Stored data entries
━━━━━━━━━━━━━━━━━━━━

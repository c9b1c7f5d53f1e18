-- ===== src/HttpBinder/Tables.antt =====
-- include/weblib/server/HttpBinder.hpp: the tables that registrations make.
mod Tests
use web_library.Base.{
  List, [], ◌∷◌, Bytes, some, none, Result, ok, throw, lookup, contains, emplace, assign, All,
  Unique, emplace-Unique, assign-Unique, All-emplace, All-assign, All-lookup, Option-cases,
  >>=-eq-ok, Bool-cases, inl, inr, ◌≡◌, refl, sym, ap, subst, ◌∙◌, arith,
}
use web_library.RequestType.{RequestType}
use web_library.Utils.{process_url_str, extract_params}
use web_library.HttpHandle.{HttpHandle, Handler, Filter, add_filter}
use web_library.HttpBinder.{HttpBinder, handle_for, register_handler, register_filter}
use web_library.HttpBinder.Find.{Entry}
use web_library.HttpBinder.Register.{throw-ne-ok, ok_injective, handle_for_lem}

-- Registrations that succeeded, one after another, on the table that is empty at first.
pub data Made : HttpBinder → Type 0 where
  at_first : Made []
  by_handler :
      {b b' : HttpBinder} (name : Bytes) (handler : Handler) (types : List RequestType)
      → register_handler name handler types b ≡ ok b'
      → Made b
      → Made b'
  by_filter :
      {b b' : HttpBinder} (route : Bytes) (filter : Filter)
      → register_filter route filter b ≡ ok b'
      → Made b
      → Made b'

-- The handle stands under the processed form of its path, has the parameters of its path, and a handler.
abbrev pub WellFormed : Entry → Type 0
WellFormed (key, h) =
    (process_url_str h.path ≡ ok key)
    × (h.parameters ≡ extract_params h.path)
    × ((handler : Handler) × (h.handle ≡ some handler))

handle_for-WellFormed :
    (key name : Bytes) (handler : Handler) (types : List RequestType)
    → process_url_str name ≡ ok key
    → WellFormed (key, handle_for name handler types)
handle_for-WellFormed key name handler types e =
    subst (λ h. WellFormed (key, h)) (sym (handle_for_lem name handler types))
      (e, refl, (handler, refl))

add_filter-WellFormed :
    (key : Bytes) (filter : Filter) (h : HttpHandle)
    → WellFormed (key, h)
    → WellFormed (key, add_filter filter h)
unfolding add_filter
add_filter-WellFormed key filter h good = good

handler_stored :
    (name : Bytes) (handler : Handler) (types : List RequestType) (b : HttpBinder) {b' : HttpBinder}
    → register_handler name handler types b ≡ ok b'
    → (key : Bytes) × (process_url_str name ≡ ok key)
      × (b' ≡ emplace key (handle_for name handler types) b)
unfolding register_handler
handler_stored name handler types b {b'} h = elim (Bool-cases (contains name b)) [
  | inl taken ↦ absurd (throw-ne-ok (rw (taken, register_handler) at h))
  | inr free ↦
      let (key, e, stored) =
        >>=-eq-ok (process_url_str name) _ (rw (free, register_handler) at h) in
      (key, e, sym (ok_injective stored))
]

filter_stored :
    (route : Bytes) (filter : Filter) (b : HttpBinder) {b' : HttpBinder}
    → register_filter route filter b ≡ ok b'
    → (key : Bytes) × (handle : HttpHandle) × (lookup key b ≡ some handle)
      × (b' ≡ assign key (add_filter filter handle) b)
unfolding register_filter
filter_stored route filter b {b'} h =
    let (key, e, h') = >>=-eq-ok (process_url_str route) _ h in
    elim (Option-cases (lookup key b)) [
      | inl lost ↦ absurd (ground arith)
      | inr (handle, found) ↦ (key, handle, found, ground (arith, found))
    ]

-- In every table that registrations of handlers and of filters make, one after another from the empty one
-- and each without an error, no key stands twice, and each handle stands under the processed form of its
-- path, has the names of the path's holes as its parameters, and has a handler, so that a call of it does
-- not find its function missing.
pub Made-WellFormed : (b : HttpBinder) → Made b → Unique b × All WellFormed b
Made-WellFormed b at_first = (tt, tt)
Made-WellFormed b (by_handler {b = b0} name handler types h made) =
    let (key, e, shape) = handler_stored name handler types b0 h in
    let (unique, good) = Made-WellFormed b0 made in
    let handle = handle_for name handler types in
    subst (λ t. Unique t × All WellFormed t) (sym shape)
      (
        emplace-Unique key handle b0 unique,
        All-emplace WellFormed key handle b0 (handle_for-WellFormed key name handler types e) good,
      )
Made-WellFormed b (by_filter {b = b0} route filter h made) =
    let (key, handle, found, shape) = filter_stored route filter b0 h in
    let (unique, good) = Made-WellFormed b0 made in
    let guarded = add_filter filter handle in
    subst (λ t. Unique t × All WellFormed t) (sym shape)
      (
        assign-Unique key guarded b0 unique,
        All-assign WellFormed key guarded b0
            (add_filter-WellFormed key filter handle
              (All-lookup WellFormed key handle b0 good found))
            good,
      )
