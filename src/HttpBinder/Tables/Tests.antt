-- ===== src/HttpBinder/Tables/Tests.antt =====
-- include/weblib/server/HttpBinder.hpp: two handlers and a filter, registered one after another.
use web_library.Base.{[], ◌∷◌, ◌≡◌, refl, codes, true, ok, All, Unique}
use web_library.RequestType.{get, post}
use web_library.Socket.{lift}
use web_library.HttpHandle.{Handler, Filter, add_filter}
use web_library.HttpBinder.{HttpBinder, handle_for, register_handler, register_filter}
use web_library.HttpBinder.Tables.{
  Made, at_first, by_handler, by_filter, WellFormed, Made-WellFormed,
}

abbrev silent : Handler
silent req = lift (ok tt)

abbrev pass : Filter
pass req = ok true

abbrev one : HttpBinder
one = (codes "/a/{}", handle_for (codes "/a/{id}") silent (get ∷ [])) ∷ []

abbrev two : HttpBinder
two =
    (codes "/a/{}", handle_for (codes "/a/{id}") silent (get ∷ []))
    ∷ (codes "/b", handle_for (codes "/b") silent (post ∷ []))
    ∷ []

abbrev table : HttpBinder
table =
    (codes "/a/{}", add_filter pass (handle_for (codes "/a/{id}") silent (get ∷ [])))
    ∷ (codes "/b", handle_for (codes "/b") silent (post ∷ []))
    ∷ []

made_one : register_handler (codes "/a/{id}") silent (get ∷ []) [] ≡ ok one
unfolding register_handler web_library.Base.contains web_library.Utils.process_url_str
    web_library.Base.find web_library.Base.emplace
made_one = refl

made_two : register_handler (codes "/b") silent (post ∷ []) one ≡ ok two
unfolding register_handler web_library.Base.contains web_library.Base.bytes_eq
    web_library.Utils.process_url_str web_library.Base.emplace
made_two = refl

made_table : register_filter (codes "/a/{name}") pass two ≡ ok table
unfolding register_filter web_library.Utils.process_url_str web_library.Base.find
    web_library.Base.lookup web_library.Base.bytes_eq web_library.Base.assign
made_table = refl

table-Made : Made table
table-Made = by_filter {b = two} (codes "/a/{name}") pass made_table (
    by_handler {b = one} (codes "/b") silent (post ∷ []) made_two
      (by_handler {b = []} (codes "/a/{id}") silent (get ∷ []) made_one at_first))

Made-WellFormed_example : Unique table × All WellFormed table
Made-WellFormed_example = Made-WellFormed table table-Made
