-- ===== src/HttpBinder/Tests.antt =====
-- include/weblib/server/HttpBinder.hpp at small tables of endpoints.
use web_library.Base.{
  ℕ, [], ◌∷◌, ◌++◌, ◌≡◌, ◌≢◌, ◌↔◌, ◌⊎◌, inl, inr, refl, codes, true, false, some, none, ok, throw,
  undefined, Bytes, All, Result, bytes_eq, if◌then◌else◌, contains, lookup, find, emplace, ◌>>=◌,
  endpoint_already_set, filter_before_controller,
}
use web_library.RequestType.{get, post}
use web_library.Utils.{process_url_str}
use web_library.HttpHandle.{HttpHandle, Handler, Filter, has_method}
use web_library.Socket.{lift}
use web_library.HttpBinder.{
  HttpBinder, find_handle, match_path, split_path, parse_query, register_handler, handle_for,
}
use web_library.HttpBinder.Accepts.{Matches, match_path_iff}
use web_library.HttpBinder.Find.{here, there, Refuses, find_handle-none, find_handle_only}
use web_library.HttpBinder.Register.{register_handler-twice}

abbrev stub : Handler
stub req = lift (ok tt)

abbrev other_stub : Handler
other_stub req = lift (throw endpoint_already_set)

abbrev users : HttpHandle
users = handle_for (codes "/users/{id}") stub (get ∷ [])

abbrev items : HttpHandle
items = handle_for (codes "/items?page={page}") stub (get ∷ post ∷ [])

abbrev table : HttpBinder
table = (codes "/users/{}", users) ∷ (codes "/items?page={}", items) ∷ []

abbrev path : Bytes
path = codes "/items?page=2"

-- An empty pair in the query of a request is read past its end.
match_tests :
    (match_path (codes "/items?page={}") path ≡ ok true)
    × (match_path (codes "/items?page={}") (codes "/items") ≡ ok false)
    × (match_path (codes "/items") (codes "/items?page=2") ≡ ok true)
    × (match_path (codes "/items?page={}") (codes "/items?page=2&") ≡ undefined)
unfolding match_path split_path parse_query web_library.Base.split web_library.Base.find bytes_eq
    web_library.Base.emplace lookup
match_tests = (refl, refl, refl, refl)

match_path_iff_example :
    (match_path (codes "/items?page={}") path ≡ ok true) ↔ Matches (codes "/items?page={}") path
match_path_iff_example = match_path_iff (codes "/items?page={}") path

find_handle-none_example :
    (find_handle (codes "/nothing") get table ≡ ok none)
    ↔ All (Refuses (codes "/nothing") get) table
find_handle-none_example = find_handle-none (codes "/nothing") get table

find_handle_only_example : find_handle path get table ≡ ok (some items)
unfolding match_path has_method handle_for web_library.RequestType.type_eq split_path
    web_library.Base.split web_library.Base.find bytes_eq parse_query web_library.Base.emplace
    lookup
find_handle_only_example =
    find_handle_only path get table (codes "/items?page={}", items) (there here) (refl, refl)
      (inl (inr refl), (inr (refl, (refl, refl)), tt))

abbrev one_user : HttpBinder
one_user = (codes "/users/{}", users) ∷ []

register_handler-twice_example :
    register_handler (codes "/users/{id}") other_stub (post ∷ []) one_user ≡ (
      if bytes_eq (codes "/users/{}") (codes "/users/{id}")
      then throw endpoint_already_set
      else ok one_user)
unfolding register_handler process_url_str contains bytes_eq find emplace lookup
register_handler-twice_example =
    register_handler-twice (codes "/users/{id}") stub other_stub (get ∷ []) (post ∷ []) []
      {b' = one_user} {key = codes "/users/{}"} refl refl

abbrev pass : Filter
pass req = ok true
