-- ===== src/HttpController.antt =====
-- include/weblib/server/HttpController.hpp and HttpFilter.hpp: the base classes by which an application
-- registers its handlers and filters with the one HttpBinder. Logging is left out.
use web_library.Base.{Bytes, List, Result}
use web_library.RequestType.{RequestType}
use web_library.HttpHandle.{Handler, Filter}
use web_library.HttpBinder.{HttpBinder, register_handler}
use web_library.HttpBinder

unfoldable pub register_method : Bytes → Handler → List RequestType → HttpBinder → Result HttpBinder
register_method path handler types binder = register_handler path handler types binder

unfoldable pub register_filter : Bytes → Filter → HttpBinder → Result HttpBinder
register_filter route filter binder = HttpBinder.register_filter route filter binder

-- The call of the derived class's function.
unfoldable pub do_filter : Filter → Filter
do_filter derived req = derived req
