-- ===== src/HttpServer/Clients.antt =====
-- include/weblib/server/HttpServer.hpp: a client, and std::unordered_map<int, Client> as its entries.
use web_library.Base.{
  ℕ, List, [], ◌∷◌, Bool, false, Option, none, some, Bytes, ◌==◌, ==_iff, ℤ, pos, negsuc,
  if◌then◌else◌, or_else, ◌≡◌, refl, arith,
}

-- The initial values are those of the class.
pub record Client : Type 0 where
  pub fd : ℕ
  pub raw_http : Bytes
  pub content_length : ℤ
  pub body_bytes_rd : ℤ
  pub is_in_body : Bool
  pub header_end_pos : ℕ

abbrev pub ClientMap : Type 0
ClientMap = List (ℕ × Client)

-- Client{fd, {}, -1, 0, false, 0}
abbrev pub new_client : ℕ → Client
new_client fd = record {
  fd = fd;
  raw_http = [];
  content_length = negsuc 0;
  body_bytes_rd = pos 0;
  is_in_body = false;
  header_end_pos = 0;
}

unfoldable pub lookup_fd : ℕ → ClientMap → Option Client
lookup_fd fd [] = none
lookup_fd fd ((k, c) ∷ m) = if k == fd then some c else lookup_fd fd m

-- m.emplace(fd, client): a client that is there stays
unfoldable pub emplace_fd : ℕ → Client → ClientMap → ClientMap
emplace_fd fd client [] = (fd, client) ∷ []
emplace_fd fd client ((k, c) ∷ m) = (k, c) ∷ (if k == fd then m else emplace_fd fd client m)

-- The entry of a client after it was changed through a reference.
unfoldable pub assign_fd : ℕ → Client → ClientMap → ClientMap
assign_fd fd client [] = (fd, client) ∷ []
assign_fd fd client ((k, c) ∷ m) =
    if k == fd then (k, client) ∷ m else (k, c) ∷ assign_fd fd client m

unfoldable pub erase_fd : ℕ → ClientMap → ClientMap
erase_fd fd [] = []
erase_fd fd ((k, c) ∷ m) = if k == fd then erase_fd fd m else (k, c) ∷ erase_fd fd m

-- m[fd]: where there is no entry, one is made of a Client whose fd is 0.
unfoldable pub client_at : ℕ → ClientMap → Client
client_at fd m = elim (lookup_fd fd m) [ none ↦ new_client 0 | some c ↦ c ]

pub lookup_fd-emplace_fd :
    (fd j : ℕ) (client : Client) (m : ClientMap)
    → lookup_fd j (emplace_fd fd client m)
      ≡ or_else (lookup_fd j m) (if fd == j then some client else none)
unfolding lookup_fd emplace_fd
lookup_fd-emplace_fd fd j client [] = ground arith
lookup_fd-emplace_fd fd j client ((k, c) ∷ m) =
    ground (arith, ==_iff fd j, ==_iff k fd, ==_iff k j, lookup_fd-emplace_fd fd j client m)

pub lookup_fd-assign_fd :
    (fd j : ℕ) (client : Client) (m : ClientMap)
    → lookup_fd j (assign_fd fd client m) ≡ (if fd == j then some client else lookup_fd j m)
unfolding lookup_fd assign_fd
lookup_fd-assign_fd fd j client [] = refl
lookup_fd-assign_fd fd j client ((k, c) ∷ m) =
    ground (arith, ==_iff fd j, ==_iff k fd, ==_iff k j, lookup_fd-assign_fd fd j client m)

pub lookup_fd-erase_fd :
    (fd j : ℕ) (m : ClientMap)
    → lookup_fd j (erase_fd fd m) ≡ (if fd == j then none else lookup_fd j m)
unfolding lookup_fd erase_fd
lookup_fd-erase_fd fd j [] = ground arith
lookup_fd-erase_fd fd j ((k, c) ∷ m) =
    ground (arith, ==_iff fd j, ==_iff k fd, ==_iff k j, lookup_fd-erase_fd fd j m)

━━━━━━━━━━━━━━━━━━━━

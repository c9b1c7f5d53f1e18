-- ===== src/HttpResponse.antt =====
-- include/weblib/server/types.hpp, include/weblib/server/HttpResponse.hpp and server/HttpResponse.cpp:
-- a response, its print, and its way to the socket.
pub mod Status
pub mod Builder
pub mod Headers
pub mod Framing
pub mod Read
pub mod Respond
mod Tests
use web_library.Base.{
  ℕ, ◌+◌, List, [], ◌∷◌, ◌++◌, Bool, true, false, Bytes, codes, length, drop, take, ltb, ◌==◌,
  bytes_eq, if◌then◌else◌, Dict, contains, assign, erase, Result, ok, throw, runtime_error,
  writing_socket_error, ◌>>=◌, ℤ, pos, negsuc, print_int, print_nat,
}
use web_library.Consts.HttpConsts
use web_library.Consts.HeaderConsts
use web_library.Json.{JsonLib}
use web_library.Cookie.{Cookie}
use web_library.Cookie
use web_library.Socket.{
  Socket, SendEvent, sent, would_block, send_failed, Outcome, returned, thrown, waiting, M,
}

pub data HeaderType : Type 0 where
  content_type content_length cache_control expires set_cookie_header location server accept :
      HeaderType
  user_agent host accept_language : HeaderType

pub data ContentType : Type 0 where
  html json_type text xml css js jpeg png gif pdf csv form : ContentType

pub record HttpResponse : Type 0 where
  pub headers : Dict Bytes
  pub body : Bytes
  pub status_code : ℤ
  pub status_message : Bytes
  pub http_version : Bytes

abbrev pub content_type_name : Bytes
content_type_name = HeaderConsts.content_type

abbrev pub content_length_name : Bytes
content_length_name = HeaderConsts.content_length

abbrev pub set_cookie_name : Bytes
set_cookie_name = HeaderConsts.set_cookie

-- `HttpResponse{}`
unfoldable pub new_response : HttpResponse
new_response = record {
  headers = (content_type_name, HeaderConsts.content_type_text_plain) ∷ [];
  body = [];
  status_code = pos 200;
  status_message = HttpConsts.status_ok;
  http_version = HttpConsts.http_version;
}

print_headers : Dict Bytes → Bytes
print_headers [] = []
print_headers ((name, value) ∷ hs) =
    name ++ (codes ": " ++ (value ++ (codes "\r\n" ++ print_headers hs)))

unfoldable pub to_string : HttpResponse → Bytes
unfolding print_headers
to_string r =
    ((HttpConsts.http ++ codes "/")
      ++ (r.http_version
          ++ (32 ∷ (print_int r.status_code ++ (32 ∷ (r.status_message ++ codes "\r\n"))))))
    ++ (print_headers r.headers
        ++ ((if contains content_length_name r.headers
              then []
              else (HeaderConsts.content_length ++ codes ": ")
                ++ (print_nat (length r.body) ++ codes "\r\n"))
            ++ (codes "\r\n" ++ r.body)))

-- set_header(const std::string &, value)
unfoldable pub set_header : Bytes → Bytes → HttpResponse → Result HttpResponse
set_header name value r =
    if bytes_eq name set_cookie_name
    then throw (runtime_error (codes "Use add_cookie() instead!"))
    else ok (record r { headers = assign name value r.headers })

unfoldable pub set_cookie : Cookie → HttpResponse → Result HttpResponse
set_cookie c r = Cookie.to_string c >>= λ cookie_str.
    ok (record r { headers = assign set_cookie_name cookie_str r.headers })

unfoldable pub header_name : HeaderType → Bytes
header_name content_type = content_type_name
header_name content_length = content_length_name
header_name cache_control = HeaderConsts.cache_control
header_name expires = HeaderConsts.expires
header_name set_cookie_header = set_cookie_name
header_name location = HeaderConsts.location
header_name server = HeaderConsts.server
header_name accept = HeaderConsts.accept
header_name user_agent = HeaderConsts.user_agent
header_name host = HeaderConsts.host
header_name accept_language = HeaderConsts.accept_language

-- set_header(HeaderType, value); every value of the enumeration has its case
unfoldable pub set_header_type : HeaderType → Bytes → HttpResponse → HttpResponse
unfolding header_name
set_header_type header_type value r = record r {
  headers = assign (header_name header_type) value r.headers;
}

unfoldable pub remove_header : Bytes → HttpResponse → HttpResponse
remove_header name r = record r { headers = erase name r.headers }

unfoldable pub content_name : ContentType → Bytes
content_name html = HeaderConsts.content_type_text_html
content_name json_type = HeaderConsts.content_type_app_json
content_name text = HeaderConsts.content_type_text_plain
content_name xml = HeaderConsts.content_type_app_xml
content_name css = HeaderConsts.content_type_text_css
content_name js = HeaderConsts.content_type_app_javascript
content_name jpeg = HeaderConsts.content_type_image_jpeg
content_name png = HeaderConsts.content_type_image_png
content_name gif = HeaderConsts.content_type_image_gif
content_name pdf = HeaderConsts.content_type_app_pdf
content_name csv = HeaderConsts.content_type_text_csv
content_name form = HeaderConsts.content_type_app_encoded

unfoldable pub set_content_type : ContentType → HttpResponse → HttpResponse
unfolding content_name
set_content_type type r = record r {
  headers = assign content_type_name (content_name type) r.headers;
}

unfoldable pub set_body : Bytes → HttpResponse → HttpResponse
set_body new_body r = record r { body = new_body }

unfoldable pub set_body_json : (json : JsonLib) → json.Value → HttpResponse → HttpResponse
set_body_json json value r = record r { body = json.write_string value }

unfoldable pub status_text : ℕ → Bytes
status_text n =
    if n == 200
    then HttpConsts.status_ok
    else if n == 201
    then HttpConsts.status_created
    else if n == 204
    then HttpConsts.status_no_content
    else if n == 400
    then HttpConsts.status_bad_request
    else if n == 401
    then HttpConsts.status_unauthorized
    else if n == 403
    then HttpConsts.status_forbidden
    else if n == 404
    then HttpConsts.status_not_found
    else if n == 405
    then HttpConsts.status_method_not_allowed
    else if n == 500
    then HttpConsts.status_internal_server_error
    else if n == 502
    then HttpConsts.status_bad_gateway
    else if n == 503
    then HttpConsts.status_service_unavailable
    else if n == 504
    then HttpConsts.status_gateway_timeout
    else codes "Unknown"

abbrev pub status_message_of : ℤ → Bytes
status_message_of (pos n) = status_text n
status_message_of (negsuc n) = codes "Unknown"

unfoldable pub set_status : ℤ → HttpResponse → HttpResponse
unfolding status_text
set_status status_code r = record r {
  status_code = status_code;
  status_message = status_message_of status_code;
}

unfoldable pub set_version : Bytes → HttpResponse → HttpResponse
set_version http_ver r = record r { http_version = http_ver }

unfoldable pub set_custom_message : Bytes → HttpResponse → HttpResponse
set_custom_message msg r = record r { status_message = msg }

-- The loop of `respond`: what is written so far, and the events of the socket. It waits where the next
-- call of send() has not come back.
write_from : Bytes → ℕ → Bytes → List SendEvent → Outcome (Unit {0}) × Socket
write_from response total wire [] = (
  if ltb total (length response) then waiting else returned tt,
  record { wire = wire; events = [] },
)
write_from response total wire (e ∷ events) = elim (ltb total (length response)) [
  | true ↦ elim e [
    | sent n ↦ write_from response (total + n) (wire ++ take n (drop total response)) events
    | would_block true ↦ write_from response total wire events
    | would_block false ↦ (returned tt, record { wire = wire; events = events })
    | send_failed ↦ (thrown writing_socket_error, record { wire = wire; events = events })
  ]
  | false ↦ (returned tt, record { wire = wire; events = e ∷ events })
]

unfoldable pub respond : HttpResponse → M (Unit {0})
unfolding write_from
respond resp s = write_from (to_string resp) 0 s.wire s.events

━━━━━━━━━━━━━━━━━━━━

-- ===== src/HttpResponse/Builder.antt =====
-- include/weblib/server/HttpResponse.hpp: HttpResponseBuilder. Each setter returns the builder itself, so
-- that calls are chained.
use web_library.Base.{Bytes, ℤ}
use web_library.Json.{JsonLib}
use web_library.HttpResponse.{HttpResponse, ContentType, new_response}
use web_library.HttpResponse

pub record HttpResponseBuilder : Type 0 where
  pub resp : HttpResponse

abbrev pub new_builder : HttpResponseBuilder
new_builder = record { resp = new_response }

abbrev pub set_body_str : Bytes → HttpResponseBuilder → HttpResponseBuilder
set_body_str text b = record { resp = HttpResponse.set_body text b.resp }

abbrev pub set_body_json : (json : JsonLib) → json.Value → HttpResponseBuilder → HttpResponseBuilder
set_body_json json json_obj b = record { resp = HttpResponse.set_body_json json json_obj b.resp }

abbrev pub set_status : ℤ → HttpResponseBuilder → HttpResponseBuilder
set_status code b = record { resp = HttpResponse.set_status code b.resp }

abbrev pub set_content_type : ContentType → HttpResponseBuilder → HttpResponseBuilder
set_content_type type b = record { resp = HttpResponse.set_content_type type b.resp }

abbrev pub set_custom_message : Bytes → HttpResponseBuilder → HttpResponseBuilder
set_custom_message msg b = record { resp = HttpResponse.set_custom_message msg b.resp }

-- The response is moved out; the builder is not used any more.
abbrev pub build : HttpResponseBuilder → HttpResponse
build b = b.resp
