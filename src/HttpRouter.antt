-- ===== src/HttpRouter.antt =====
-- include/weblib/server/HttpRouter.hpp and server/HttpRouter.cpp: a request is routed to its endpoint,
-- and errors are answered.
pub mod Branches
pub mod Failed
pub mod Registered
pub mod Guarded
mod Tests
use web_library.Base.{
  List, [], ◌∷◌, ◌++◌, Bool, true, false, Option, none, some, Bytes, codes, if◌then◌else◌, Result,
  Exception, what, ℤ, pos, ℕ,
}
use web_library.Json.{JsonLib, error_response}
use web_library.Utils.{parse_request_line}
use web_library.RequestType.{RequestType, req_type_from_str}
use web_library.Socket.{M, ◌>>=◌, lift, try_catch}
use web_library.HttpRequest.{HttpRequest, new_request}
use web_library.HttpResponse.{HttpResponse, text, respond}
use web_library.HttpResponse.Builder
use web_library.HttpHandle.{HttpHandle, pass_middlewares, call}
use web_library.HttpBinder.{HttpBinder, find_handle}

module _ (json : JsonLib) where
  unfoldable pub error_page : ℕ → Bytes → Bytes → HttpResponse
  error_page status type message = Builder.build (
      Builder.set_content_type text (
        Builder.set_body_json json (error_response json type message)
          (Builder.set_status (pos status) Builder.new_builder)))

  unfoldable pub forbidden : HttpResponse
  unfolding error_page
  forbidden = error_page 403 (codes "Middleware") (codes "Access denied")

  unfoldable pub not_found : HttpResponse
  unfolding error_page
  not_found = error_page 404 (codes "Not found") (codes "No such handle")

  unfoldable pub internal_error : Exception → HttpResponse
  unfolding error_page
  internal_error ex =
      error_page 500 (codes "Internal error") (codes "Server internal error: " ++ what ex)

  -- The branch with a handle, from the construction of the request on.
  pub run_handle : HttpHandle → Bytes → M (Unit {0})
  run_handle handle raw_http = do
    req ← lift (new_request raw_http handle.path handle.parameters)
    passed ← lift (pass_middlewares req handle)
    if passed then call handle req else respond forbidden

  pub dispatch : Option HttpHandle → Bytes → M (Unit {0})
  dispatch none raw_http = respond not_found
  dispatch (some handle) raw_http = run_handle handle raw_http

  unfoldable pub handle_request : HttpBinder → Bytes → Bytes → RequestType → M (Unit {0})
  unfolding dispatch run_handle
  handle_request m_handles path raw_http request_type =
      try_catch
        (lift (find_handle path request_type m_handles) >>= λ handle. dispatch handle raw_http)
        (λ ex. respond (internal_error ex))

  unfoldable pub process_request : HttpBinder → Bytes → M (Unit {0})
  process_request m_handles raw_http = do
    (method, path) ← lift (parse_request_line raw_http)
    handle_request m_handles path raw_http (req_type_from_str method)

━━━━━━━━━━━━━━━━━━━━

- **TASK INSTRUCTIONS**:
The answer is the run of lines above from the line containing "silent (get ∷ [])))" through the line containing "made_one = refl", copied exactly and alone.

- **ANSWER BELOW**:
    (codes "/a/{}", add_filter pass (handle_for (codes "/a/{id}") silent (get ∷ [])))
    ∷ (codes "/b", handle_for (codes "/b") silent (post ∷ []))
    ∷ []

made_one : register_handler (codes "/a/{id}") silent (get ∷ []) [] ≡ ok one
unfolding register_handler web_library.Base.contains web_library.Utils.process_url_str
    web_library.Base.find web_library.Base.emplace
made_one = refl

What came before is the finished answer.